If I purchase conventional seedling plants of tomato, eggplant, squash, etc. that are not organic, would they grow to be just as healthy as organic if I put them in a prepared organic soil to mature and produce fruit?

Thank you,

Rosanne

 

Dear Rosanne,

Mayday, mayday! Slippery slope. Trick question. Complex issues.

If you can’t find organically grown bedding plants or seedlings in your area, don’t worry about it. That doesn’t mean I don’t think it’s an issue; what it means is that you’ll be far better off with a garden that’s not pure than no garden at all. You have to start somewhere, and you have to bloom where you’re planted. You can’t always have your “druthers” just the way you want them.

While I certainly prefer organically started plants, lots of times they aren’t available from our local sources so we do the best we can, and they do great. Could you tell the difference? Perhaps. But it’s not enough to keep you from planting what’s available. It’s not a perfect world, so be glad you’ve got ground for a garden, plant something, and keep looking for organic sets, but don’t sweat it if you can’t find them.

The health of those sets is determined far more by timing (soil temperature, day length, etc.), soil fertility, and sturdiness than whether they grew in organic potting soil. The most common malady is legginess or spindliness, caused by either placing grow lights too far away and/or by not hardening off. You want thick, stout stems, not tall, spindly ones, and that is not primarily a result of growing medium but of management during the starting process.

What I’m getting at here is that organic is not a comprehensive term. Many of the most important production variables are not addressed at all in organics. Organic soil will never compensate for production management mistakes. I’d much rather have nonorganic sets grown with all the production variables right than organic sets grown with even one production variable wrong. This is why the question is complex.

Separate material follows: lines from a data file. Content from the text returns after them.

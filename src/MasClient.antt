-- ===== src/MasClient.antt =====
-- src/clients/mas.rs: the client of the Matrix Authentication Service over HTTP. reqwest and the
-- crate percent_encoding are parameters; the state is that of the Keycloak client, with a token
-- cache of its own.
pub mod Finish
use matrix_identity_admin.Prelude.{
  ℕ, ◌+◌, ◌-◌, ◌*◌, List, [], ◌∷◌, ◌++◌, map, Option, none, some, Bool, ltb, ◌==◌, ◌⊎◌,
  if◌then◌else◌,
}
use matrix_identity_admin.Text.{Text, codes, text_eq}
use matrix_identity_admin.Models.Error.{AppError, Result, ok, err, error_text}
use matrix_identity_admin.Models.Accounts.{MasUser, MasSession, SessionListResult}
use matrix_identity_admin.Effects.Clients.{AuthService, Reply}
use matrix_identity_admin.KeycloakClient.{
  HttpError, Method, TokenResponse, Client, or_upstream, over, answer, ◌>>=◌,
}

pub record MasRequest : Type 0 where
  pub method : Method
  pub url : Text
  pub query : List (Text × Text)

-- `ApiUserResource` and `ApiSessionResource` with their attributes.
pub record ApiUser : Type 0 where
  pub id : Text
  pub username : Text
  pub deactivated_at : Option Text

pub record ApiSession : Type 0 where
  pub id : Text
  pub resource_type : Text
  pub created_at : Option Text
  pub last_active_at : Option Text
  pub user_agent : Option Text
  pub last_active_ip : Option Text
  pub finished_at : Option Text

pub record MasHttp (N R : Type 0) : Type 0 where
  pub send : Text → MasRequest → N → (HttpError ⊎ R) × N
  pub post_basic : Text → Text → Text → List (Text × Text) → N → (HttpError ⊎ R) × N
  pub status : R → ℕ
  pub error_for_status : R → HttpError ⊎ R
  pub json_token : R → N → (HttpError ⊎ TokenResponse) × N
  pub json_user : R → N → (HttpError ⊎ ApiUser) × N
  pub json_sessions : R → N → (HttpError ⊎ List ApiSession) × N
  pub now : N → ℕ × N
  pub percent_encode : Text → Text

pub record MasConfig : Type 0 where
  pub base_url : Text
  pub admin_client_id : Text
  pub admin_client_secret : Text

abbrev pub mas : Text
mas = codes "mas"

unfoldable pub session_of : ApiSession → MasSession
session_of r = record {
  id = r.id;
  session_type = r.resource_type;
  created_at = r.created_at;
  last_active_at = r.last_active_at;
  user_agent = r.user_agent;
  ip_address = r.last_active_ip;
  finished_at = r.finished_at;
}

abbrev pub mas_user : ApiUser → MasUser
mas_user u = record { id = u.id; username = u.username; deactivated_at = u.deactivated_at }

-- The path that finishes a session, by its type.
unfoldable pub finish_path : Text → Text → Result Text
finish_path id type =
    if text_eq type (codes "compat")
    then ok (codes "/api/admin/v1/compat-sessions/" ++ (id ++ codes "/finish"))
    else if text_eq type (codes "oauth2")
    then ok (codes "/api/admin/v1/oauth2-sessions/" ++ (id ++ codes "/finish"))
    else err (AppError.validation (codes "Unknown MAS session type: " ++ type))

-- What a failed fetch adds to the warnings.
abbrev pub fetch_warning : Text → Result (List MasSession) → List Text
fetch_warning what (ok s) = []
fetch_warning what (err e) = (what ++ error_text e) ∷ []

abbrev pub or_none : Result (List MasSession) → List MasSession
or_none (ok s) = s
or_none (err e) = []

unfoldable pub merged : Result (List MasSession) → Result (List MasSession) → SessionListResult
merged compat oauth2 = record {
  sessions = or_none compat ++ or_none oauth2;
  warnings =
      fetch_warning (codes "Failed to fetch compat sessions: ") compat
      ++ fetch_warning (codes "Failed to fetch OAuth2 sessions: ") oauth2;
}

module _ {N R : Type 0} (http : MasHttp N R) (config : MasConfig) where
  unfoldable pub mas_url : Text → Text
  mas_url path = config.base_url ++ path

  unfoldable pub cache_mas_token : TokenResponse → Reply (Client N) Text
  cache_mas_token t c =
      let (now, n) = http.now c.network in
      (
        ok t.access_token,
        record {
          network = n;
          token_cache = some (record {
            access_token = t.access_token;
            expires_at = now + (t.expires_in - 30) * 1000000000;
          });
        },
      )

  unfoldable pub fetch_mas_token : Reply (Client N) Text
  fetch_mas_token = do
    sent ← over mas (
        http.post_basic (mas_url (codes "/oauth2/token")) config.admin_client_id
          config.admin_client_secret
          ((codes "grant_type", codes "client_credentials")
            ∷ (codes "scope", codes "urn:mas:admin")
            ∷ []))
    good ← answer (or_upstream mas (http.error_for_status sent))
    token ← over mas (http.json_token good)
    cache_mas_token token

  abbrev pub cached_or_fetched_mas : Option Text → Reply (Client N) Text
  cached_or_fetched_mas none = fetch_mas_token
  cached_or_fetched_mas (some token) = answer (ok token)

  unfoldable pub mas_admin_token : Reply (Client N) Text
  mas_admin_token c = elim c.token_cache [
    | none ↦ fetch_mas_token c
    | some t ↦
        let (now, n) = http.now c.network in
        cached_or_fetched_mas (if ltb now t.expires_at then some t.access_token else none)
          (record c { network = n })
  ]

  abbrev pub send_mas : Text → Method → Text → List (Text × Text) → Reply (Client N) R
  send_mas token method path query =
      over mas (http.send token (record { method = method; url = mas_url path; query = query }))

  unfoldable pub post_done : Text → Text → Reply (Client N) (Unit {0})
  post_done token path = do
    response ← send_mas token Method.post path []
    good ← answer (or_upstream mas (http.error_for_status response))
    answer (ok tt)

  unfoldable pub read_user : R → Reply (Client N) (Option MasUser)
  read_user response = if http.status response == 404 then answer (ok none) else do
    good ← answer (or_upstream mas (http.error_for_status response))
    user ← over mas (http.json_user good)
    answer (ok (some (mas_user user)))

  unfoldable pub get_user_by_username : Text → Reply (Client N) (Option MasUser)
  get_user_by_username username = do
    token ← mas_admin_token
    response ←
        send_mas token Method.get
          (codes "/api/admin/v1/users/by-username/" ++ http.percent_encode username) []
    read_user response

  -- At most 50 active sessions of one kind.
  unfoldable pub fetch_sessions : Text → Text → Reply (Client N) (List MasSession)
  fetch_sessions endpoint id = do
    token ← mas_admin_token
    response ← send_mas token Method.get (codes "/api/admin/v1/" ++ endpoint) (
        (codes "filter[user]", id)
        ∷ (codes "filter[status]", codes "active")
        ∷ (codes "page[first]", codes "50")
        ∷ [])
    good ← answer (or_upstream mas (http.error_for_status response))
    sessions ← over mas (http.json_sessions good)
    answer (ok (map session_of sessions))

  -- The two fetches, joined in the code, one after the other.
  unfoldable pub list_sessions : Text → Reply (Client N) SessionListResult
  list_sessions id c =
      let compat = fetch_sessions (codes "compat-sessions") id c in
      let oauth2 = fetch_sessions (codes "oauth2-sessions") id compat.1 in
      (ok (merged compat.0 oauth2.0), oauth2.1)

  unfoldable pub finish_session : Text → Text → Reply (Client N) (Unit {0})
  finish_session id type = do
    token ← mas_admin_token
    path ← answer (finish_path id type)
    post_done token path

  unfoldable pub change_user : Text → Text → Reply (Client N) (Unit {0})
  change_user id what = do
    token ← mas_admin_token
    post_done token (codes "/api/admin/v1/users/" ++ (id ++ what))

  unfoldable pub mas_client : AuthService (Client N)
  mas_client = record {
    get_user_by_username = λ username. get_user_by_username username;
    list_sessions = λ id. list_sessions id;
    finish_session = λ id type. finish_session id type;
    deactivate_user = λ id. change_user id (codes "/deactivate");
    reactivate_user = λ id. change_user id (codes "/reactivate");
  }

And in the end, no matter what you do, if you over water, under water, over fertilize, under fertilize, plant in too hot or too cold soil, too wet or too dry, etc. the plant will be stressed and not healthy. Health is way more than organics. Organics is just one tiny slice of health. You can eat the most organic diet in the world but be stressed about marriage problems, financial problems, work-related problems, and get an ulcer or have stress-induced high blood pressure. Organics are just one part of the picture.